Wieder daheim, knickte ich ein, denn es war einfach affenartig anstrengend. Viel war allein zu organisieren, immer Reiseleiterin und Fahrerin sein zu müssen, Nahrung zu besorgen, zu unterhalten, Ruhe zu verbreiten in Ausnahmezuständen. Und man musste gegen den Bildschirm konkurrieren. Immer. Diese Generation hat gelernt, sich ihre Tagesgestaltung, vor allem dann über die Pandemiezeiten hinweg, intensiv über Youtube oder Discord organisieren zu lassen. Aber ein Brettspiel, ein Kartenspiel, Heidelbeeren pflücken gehen oder aber auch einfach losbummeln und schauen, was der Tag so bringt, das ging kaum.

Plötzlich Erholung

Dieses Jahr jedoch war etwas anders, und zwar sehr. Die Kinder waren zunächst im Camp, glücklichst, und dann mit ihrem Vater weg. Danach Kroatien mit mir. Ich bin derweil für ein Magazin allein in ein Luxusresort gefahren. Dann wieder ein paar Ausflüge mit den Kindern.

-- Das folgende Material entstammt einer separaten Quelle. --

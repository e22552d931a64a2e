-- ===== src/LoopRegisters/Laws.antt =====
-- scripts/check_loop_on_skipped_register.py: what a report of `scan` stands for.
use ansible_platform.Prelude.{
  ℕ, zero, suc, ◌+◌, ◌<◌, String, ◌==◌, ◌≡◌, ◌⊎◌, inl, inr, refl, sym, ap, subst, ◌∙◌, Bool,
  Bool-cases, true, false, not, ◌&&◌, Option, none, some, List, [], ◌∷◌, In, here, there, In-split,
  ==_sound, if◌then◌else◌, arith,
}
use mathlib.Core.Option.{some-injective}
use ansible_platform.Prelude.Text.{occurs}
use ansible_platform.Prelude.Dict
use ansible_platform.Prelude.Dict.{Dict}
use ansible_platform.LoopRegisters.{
  module_of, register_of, is_loop, is_safe, mentions, window, Seen, registered, see_module, see,
  Hit, hits_of, hits_from, scan,
}

-- `lines[i]`
abbrev pub line_at : List String → ℕ → Option String
line_at [] i = none
line_at (l ∷ ls) zero = some l
line_at (l ∷ ls) (suc i) = line_at ls i

-- No line between the two names a module that --check skips or registers a name.
abbrev pub NothingBetween : List String → ℕ → ℕ → Type 0
NothingBetween lines first index =
    (k : ℕ) (l : String)
    → first < k
    → k < index
    → line_at lines k ≡ some l
    → (module_of l ≡ none) × (register_of l ≡ none)

-- Line `declared` registers the name, for the module in line `first` before it: nothing between the two
-- names a module or registers, and no line around them says that the task runs under --check.
pub record IsRegistered (lines : List String) (name m : String) (declared : ℕ) : Type 0 where
  pub index : ℕ
  pub is_declared : declared ≡ suc index
  pub line : String
  pub is_line : line_at lines index ≡ some line
  pub names : register_of line ≡ some name
  pub first : ℕ
  pub module_line : String
  pub is_module_line : line_at lines first ≡ some module_line
  pub names_module : module_of module_line ≡ some m
  pub is_before : first < index
  pub between : NothingBetween lines first index
  pub may_skip : occurs "check_mode: false" (window lines first index) ≡ false

-- Line `line_no` loops over a field of the name, without a default.
pub record IsLoopOver (lines : List String) (name : String) (line_no : ℕ) : Type 0 where
  pub index : ℕ
  pub is_line_no : line_no ≡ suc index
  pub line : String
  pub is_line : line_at lines index ≡ some line
  pub loops : is_loop line ≡ true
  pub unsafe : is_safe line ≡ false
  pub over : mentions name line ≡ true

In-cons : {A : Type 0} (a x : A) (xs : List A) → In a (x ∷ xs) → (a ≡ x) ⊎ In a xs
In-cons a _ xs here = inl refl
In-cons a x xs (there m) = inr m

put-In :
    {V : Type 0} (k : String) (v : V) (d : Dict V) (j : String) (w : V)
    → In (j, w) (Dict.put k v d)
    → ((j ≡ k) × (w ≡ v)) ⊎ In (j, w) d
unfolding Dict.put
put-In k v [] _ _ here = inl (refl, refl)
put-In k v [] j w (there m) = elim m [ ]
put-In k v ((i, u) ∷ d) j w m = elim (Bool-cases (i == k)) [
  | inl e ↦ elim (In-cons (j, w) (i, v) d (rw e at m)) [
    | inl q ↦ inl (ap (λ t. t.0) q ∙ ==_sound i k e, ap (λ t. t.1) q)
    | inr n ↦ inr (there n)
  ]
  | inr e ↦ elim (In-cons (j, w) (i, u) (Dict.put k v d) (rw e at m)) [
    | inl q ↦ inr (subst (λ t. In (j, w) (t ∷ d)) q here)
    | inr n ↦ elim (put-In k v d j w n) [ inl x ↦ inl x | inr x ↦ inr (there x) ]
  ]
]

before_cases : (k i : ℕ) → k < suc i → (k ≡ i) ⊎ (k < i)
before_cases k i h = ground arith

module _ (lines : List String) where
  -- What is kept of the first `i` lines
  record Sound (i : ℕ) (s : Seen) : Type 0 where
    pending_line :
        (m : String) (first : ℕ)
        → s.pending ≡ some (m, first)
        → (l : String) × (line_at lines first ≡ some l) × (module_of l ≡ some m)
    pending_is_before :
        (m : String) (first : ℕ)
        → s.pending ≡ some (m, first)
        → (first < i) × NothingBetween lines first i
    all_registered :
        (name m : String) (declared : ℕ)
        → In (name, (m, declared)) s.registers
        → IsRegistered lines name m declared

  -- The register that a line adds
  placed :
      (i : ℕ) (line name m : String) (first : ℕ) (s : Seen)
      → line_at lines i ≡ some line
      → register_of line ≡ some name
      → Sound i s
      → s.pending ≡ some (m, first)
      → occurs "check_mode: false" (window lines first i) ≡ false
      → IsRegistered lines name m (suc i)
  placed i line name m first s is_i names h p may_skip =
      let (l, at_first, is_module) = h.pending_line m first p in
      let (is_before, between) = h.pending_is_before m first p in
      record {
        index = i;
        is_declared = refl;
        line = line;
        is_line = is_i;
        names = names;
        first = first;
        module_line = l;
        is_module_line = at_first;
        names_module = is_module;
        is_before = is_before;
        between = between;
        may_skip = may_skip;
      }

  put-Sound :
      (i : ℕ) (name m : String) (declared : ℕ) (s : Seen) (k n : String) (j : ℕ)
      → IsRegistered lines name m declared
      → Sound i s
      → In (k, (n, j)) (Dict.put name (m, declared) s.registers)
      → IsRegistered lines k n j
  put-Sound i name m declared s k n j r h x =
      elim (put-In name (m, declared) s.registers k (n, j) x) [
        | inl e ↦
            subst (λ x. IsRegistered lines x n j) (sym e.0)
              (subst (λ t. IsRegistered lines name t.0 t.1) (sym e.1) r)
        | inr i ↦ h.all_registered k n j i
      ]

  -- One more line without a module or a register
  NothingBetween-suc :
      (first i : ℕ) (line : String)
      → line_at lines i ≡ some line
      → module_of line ≡ none
      → register_of line ≡ none
      → NothingBetween lines first i
      → NothingBetween lines first (suc i)
  NothingBetween-suc first i line is_i no_module no_register h k l a b e =
      elim (before_cases k i b) [
        | inl q ↦
            let same = some-injective line l (sym is_i ∙ sym (ap (λ n. line_at lines n) q) ∙ e) in
            (
              subst (λ x. module_of x ≡ none) same no_module,
              subst (λ x. register_of x ≡ none) same no_register,
            )
        | inr c ↦ h k l a c e
      ]

  registered-Sound :
      (i : ℕ) (line : String) (name : Option String) (pending : Option (String × ℕ)) (s : Seen)
      → line_at lines i ≡ some line
      → register_of line ≡ name
      → s.pending ≡ pending
      → module_of line ≡ none
      → Sound i s
      → Sound (suc i) (registered lines i name pending s)
  unfolding registered
  registered-Sound i line none pending s is_i e p absent h = record {
    pending_line = h.pending_line;
    pending_is_before = λ m first q.
        let (is_before, between) = h.pending_is_before m first q in
        (omega arith, NothingBetween-suc first i line is_i absent e between);
    all_registered = h.all_registered;
  }
  registered-Sound i line (some name) none s is_i e p absent h = record {
    pending_line = h.pending_line;
    pending_is_before = λ m first q. absurd (cc);
    all_registered = h.all_registered;
  }
  registered-Sound i line (some name) (some (m, first)) s is_i e p absent h =
      elim (Bool-cases (occurs "check_mode: false" (window lines first i))) [
        | inl never ↦ rw never (record {
          pending_line = λ k f q. absurd (cc);
          pending_is_before = λ k f q. absurd (cc);
          all_registered = h.all_registered;
        })
        | inr may ↦ rw may (record {
          pending_line = λ k f q. absurd (cc);
          pending_is_before = λ k f q. absurd (cc);
          all_registered = λ k n j.
              put-Sound i name m (suc i) s k n j (placed i line name m first s is_i e h p may) h;
        })
      ]

  see_module-Sound :
      (i : ℕ) (line : String) (m : Option String) (s : Seen)
      → line_at lines i ≡ some line
      → module_of line ≡ m
      → Sound i s
      → Sound (suc i) (see_module lines i line m s)
  see_module-Sound i line (some m) s is_i e h = record {
    pending_line = λ k first p.
        let q = some-injective (m, i) (k, first) p in
        (
          line,
          subst (λ x. line_at lines x ≡ some line) (ap (λ t. t.1) q) is_i,
          subst (λ x. module_of line ≡ some x) (ap (λ t. t.0) q) e,
        );
    pending_is_before = λ k first p.
        let q = ap (λ t. t.1) (some-injective (m, i) (k, first) p) in
        (omega arith, λ j l a b e. absurd (omega arith));
    all_registered = h.all_registered;
  }
  see_module-Sound i line none s is_i e h =
      registered-Sound i line (register_of line) s.pending s is_i refl refl e h

  -- `rest` is what stands in the file from line `i` on.
  see-Sound :
      (i : ℕ) (rest : List String) (s : Seen)
      → ((k : ℕ) → line_at rest k ≡ line_at lines (i + k))
      → Sound i s
      → (n : ℕ) × Sound n (see lines i rest s)
  unfolding see
  see-Sound i [] s from h = (i, h)
  see-Sound i (line ∷ rest) s from h =
      see-Sound (suc i) rest (see_module lines i line (module_of line) s)
        (λ k. from (suc k) ∙ ap (λ n. line_at lines n) (omega arith))
        (see_module-Sound i line (module_of line) s
          (sym (from 0 ∙ ap (λ n. line_at lines n) (omega arith))) refl h)

  -- What a hit says
  abbrev Reported : Hit → Type 0
  Reported h =
      IsRegistered lines h.name h.module_name h.declared × IsLoopOver lines h.name h.line_no

  hits_of-Reported :
      (i : ℕ) (line : String) (registers : Dict (String × ℕ)) (h : Hit)
      → line_at lines i ≡ some line
      → is_loop line ≡ true
      → is_safe line ≡ false
      → ((name m : String) (declared : ℕ)
          → In (name, (m, declared)) registers
          → IsRegistered lines name m declared)
      → In h (hits_of i line registers)
      → Reported h
  unfolding hits_of
  hits_of-Reported i line [] h is_i loops unsafe all k = elim k [ ]
  hits_of-Reported i line ((name, (m, declared)) ∷ registers) h is_i loops unsafe all k =
      elim (Bool-cases (mentions name line)) [
        | inl over ↦ elim (In-cons h _ _ (rw over at k)) [
          | inl q ↦
              subst (λ x. Reported x) (sym q)
                (
                  all name m declared here,
                  record {
                    index = i;
                    is_line_no = refl;
                    line = line;
                    is_line = is_i;
                    loops = loops;
                    unsafe = unsafe;
                    over = over;
                  },
                )
          | inr n ↦
              hits_of-Reported i line registers h is_i loops unsafe (λ a b c d. all a b c (there d))
                n
        ]
        | inr never ↦
            hits_of-Reported i line registers h is_i loops unsafe (λ a b c d. all a b c (there d))
              (rw never at k)
      ]

  line-Reported :
      (i : ℕ) (line : String) (registers : Dict (String × ℕ)) (h : Hit)
      → line_at lines i ≡ some line
      → ((name m : String) (declared : ℕ)
          → In (name, (m, declared)) registers
          → IsRegistered lines name m declared)
      → (loops unsafe : Bool) → is_loop line ≡ loops
      → is_safe line ≡ unsafe
      → In h (if loops && not unsafe then hits_of i line registers else [])
      → Reported h
  line-Reported i line registers h is_i all true false e f k =
      hits_of-Reported i line registers h is_i e f all k
  line-Reported i line registers h is_i all true true e f k = elim k [ ]
  line-Reported i line registers h is_i all false unsafe e f k = elim k [ ]

  hits_from-Reported :
      (i : ℕ) (rest : List String) (registers : Dict (String × ℕ)) (h : Hit)
      → ((k : ℕ) → line_at rest k ≡ line_at lines (i + k))
      → ((name m : String) (declared : ℕ)
          → In (name, (m, declared)) registers
          → IsRegistered lines name m declared)
      → In h (hits_from i rest registers)
      → Reported h
  unfolding hits_from
  hits_from-Reported i [] registers h from all k = elim k [ ]
  hits_from-Reported i (line ∷ rest) registers h from all k =
      elim (In-split h _ (hits_from (suc i) rest registers) k) [
        | inl m ↦
            line-Reported i line registers h
              (sym (from 0 ∙ ap (λ n. line_at lines n) (omega arith))) all (is_loop line)
              (is_safe line) refl refl m
        | inr m ↦
            hits_from-Reported (suc i) rest registers h
              (λ k. from (suc k) ∙ ap (λ n. line_at lines n) (omega arith)) all m
      ]

-- Every report of `scan` is true of the file: its name is registered in the line that it gives, after the
-- line of a module that --check skips, with no other such module and no register between the two and
-- no `check_mode: false` in the lines around them, and the line that it reports loops over a field of
-- that name without a default.
pub scan_explained :
    (lines : List String) (h : Hit)
    → In h (scan lines)
    → IsRegistered lines h.name h.module_name h.declared × IsLoopOver lines h.name h.line_no
unfolding scan
scan_explained lines h k =
    let empty : Seen = record { pending = none; registers = [] } in
    hits_from-Reported lines 0 lines (Seen.registers (see lines 0 lines empty)) h
      (λ n. ap (λ n. line_at lines n) (omega arith))
      (Sound.all_registered (
        (see-Sound lines 0 lines empty (λ n. ap (λ n. line_at lines n) (omega arith))
          (record {
            pending_line = λ m f p. absurd (cc);
            pending_is_before = λ m f p. absurd (cc);
            all_registered = λ n m j x. elim x [ ];
          })).1))
      k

Ich musste nichts mehr packen. Elf und fünfzehn Jahre alt, nahmen sich die Kinder die Koffer, taten hinein, was sie meinten, was sein musste. Kajak wurde mitgenommen und Taucherbrillen. Sonnenöl. Ich musste nichts mehr sagen.

Sie sind mit Freunden ins Schwimmbad gefahren oder sogar mit dem Zug an einen See. Ich habe daheim gearbeitet, sehr effizient, weil ganz allein, ohne Ansprüche von außen an mich. Am Abend haben die Kinder ganz von selbst wieder heimgefunden.

Und somit komme ich zu dem großen Geheimnis, das ich hiermit lüften kann: Ein Urlaub mit Kindern ist fantastisch. Nichts schöner, als wenn Kindern irgendwas taugt und man ist dabei. Ein Urlaub mit Kindern ist wichtig. Ferienzeit mit Kindern wird für die Erwachsenen erholsam, wenn sie keine Kinder mehr sind. Dann sind sie Personen, mit denen man einfach gerne Zeit verbringt. Man braucht halt genau die 14 Jahre, um das zu erkennen. Ich zumindest.